Stored data:
+ + + + +

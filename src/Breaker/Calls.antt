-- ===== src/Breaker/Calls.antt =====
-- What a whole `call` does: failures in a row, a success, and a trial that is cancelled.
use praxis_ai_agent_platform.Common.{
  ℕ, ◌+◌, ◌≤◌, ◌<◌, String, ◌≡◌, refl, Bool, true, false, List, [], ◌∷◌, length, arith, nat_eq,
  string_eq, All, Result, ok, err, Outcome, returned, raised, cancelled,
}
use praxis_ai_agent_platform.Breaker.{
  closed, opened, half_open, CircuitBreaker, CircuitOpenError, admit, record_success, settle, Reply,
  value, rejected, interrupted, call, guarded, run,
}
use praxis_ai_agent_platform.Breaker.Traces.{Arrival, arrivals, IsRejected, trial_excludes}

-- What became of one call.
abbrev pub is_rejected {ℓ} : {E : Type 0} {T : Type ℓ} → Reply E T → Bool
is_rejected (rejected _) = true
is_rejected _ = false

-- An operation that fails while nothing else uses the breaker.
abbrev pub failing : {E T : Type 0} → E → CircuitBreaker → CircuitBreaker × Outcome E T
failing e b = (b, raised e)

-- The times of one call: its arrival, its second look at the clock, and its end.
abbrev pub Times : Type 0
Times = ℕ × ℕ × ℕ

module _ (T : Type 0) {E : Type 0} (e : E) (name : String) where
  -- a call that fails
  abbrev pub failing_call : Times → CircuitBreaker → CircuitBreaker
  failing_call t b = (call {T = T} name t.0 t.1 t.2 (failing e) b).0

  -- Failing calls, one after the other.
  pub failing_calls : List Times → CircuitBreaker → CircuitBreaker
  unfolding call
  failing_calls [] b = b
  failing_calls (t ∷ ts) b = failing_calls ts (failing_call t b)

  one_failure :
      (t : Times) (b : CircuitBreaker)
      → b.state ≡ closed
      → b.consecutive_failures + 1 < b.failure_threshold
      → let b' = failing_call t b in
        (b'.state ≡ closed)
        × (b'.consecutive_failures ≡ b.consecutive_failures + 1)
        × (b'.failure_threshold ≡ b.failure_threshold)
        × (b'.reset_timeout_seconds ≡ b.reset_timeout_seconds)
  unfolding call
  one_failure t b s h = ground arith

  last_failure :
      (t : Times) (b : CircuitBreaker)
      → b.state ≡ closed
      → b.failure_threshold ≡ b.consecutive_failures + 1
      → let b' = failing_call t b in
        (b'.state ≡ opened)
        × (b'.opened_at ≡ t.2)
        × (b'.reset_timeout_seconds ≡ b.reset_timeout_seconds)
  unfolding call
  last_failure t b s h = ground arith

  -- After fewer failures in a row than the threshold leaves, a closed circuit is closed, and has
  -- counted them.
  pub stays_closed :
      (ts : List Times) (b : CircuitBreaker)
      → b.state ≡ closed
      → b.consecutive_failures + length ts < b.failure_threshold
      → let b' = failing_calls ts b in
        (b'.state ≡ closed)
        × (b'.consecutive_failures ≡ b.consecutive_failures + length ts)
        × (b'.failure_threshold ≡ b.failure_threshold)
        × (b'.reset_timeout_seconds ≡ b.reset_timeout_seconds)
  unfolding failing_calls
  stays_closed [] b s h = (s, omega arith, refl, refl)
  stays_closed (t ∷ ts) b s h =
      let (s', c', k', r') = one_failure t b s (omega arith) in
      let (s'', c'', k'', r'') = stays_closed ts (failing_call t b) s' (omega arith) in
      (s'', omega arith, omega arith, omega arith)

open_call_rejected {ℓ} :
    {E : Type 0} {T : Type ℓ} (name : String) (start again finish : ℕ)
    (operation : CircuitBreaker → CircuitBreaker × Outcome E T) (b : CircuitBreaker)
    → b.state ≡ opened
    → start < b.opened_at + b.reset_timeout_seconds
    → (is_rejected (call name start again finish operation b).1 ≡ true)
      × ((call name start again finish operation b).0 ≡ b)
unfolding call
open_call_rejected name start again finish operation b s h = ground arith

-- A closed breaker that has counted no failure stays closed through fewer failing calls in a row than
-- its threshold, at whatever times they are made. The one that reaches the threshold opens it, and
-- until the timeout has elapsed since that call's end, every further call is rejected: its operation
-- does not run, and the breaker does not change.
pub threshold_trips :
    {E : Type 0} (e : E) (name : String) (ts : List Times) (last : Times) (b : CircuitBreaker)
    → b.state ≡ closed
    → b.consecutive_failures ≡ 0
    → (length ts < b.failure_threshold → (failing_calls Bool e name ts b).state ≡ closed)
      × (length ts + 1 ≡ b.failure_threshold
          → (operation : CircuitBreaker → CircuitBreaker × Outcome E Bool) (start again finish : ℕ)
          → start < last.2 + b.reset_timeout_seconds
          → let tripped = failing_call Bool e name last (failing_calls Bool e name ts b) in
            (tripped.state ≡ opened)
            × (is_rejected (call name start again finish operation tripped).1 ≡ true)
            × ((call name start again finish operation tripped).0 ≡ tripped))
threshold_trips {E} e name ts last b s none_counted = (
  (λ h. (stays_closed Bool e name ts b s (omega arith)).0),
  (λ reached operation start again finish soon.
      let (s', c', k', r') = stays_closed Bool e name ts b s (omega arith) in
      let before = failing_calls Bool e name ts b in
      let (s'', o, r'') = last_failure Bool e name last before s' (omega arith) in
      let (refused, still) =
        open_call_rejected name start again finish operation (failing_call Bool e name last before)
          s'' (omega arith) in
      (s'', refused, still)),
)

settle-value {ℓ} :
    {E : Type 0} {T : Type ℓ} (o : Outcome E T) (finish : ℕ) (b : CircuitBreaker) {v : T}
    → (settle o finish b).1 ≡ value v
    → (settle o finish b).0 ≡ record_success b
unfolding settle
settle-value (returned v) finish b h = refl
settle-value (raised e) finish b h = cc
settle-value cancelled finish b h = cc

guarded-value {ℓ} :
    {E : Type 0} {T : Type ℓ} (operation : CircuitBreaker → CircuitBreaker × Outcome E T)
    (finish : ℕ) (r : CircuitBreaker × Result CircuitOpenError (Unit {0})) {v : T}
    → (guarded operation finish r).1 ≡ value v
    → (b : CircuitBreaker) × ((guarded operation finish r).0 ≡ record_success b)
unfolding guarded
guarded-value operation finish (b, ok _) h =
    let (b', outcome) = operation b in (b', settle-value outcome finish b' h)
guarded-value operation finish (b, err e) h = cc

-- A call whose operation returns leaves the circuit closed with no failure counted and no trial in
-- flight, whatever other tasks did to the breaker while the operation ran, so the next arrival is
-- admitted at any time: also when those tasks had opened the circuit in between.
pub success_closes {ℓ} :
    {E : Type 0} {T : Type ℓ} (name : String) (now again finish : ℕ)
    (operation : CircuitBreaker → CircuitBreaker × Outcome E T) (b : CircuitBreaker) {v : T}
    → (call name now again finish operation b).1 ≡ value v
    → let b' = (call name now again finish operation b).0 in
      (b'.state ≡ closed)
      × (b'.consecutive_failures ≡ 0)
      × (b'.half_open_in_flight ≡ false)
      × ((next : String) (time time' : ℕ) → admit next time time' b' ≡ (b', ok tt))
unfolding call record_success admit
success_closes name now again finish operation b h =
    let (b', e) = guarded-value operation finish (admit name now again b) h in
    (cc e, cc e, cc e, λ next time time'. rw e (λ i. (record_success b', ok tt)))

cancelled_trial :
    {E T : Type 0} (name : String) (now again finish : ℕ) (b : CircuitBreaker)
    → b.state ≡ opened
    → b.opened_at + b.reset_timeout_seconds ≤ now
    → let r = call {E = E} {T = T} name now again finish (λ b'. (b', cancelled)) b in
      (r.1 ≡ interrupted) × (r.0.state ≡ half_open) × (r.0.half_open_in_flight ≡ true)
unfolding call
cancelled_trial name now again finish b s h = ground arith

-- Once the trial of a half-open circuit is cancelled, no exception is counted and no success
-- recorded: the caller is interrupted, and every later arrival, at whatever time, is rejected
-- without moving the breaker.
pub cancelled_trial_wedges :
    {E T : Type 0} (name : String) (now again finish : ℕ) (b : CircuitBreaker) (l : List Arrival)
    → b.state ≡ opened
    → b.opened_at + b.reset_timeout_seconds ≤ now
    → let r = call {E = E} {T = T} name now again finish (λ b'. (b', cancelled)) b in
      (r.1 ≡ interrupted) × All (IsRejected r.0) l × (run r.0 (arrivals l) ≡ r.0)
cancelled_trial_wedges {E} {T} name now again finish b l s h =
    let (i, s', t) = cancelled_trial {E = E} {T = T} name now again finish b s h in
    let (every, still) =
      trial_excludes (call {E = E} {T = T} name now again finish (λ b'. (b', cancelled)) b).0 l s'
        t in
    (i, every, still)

+ + + + +

Could you copy exactly the lines from the first line of the records above through the line containing "(b'.opened_at ≡ t.2)", both included, and nothing else?

filename src/Breaker/Calls.antt
-- ===== src/Breaker/Calls.antt =====
-- What a whole `call` does: failures in a row, a success, and a trial that is cancelled.
use praxis_ai_agent_platform.Common.{
  ℕ, ◌+◌, ◌≤◌, ◌<◌, String, ◌≡◌, refl, Bool, true, false, List, [], ◌∷◌, length, arith, nat_eq,
  string_eq, All, Result, ok, err, Outcome, returned, raised, cancelled,
}
use praxis_ai_agent_platform.Breaker.{
  closed, opened, half_open, CircuitBreaker, CircuitOpenError, admit, record_success, settle, Reply,
  value, rejected, interrupted, call, guarded, run,
}
use praxis_ai_agent_platform.Breaker.Traces.{Arrival, arrivals, IsRejected, trial_excludes}

-- What became of one call.
abbrev pub is_rejected {ℓ} : {E : Type 0} {T : Type ℓ} → Reply E T → Bool
is_rejected (rejected _) = true
is_rejected _ = false

-- An operation that fails while nothing else uses the breaker.
abbrev pub failing : {E T : Type 0} → E → CircuitBreaker → CircuitBreaker × Outcome E T
failing e b = (b, raised e)

-- The times of one call: its arrival, its second look at the clock, and its end.
abbrev pub Times : Type 0
Times = ℕ × ℕ × ℕ

module _ (T : Type 0) {E : Type 0} (e : E) (name : String) where
  -- a call that fails
  abbrev pub failing_call : Times → CircuitBreaker → CircuitBreaker
  failing_call t b = (call {T = T} name t.0 t.1 t.2 (failing e) b).0

  -- Failing calls, one after the other.
  pub failing_calls : List Times → CircuitBreaker → CircuitBreaker
  unfolding call
  failing_calls [] b = b
  failing_calls (t ∷ ts) b = failing_calls ts (failing_call t b)

  one_failure :
      (t : Times) (b : CircuitBreaker)
      → b.state ≡ closed
      → b.consecutive_failures + 1 < b.failure_threshold
      → let b' = failing_call t b in
        (b'.state ≡ closed)
        × (b'.consecutive_failures ≡ b.consecutive_failures + 1)
        × (b'.failure_threshold ≡ b.failure_threshold)
        × (b'.reset_timeout_seconds ≡ b.reset_timeout_seconds)
  unfolding call
  one_failure t b s h = ground arith

  last_failure :
      (t : Times) (b : CircuitBreaker)
      → b.state ≡ closed
      → b.failure_threshold ≡ b.consecutive_failures + 1
      → let b' = failing_call t b in
        (b'.state ≡ opened)
        × (b'.opened_at ≡ t.2)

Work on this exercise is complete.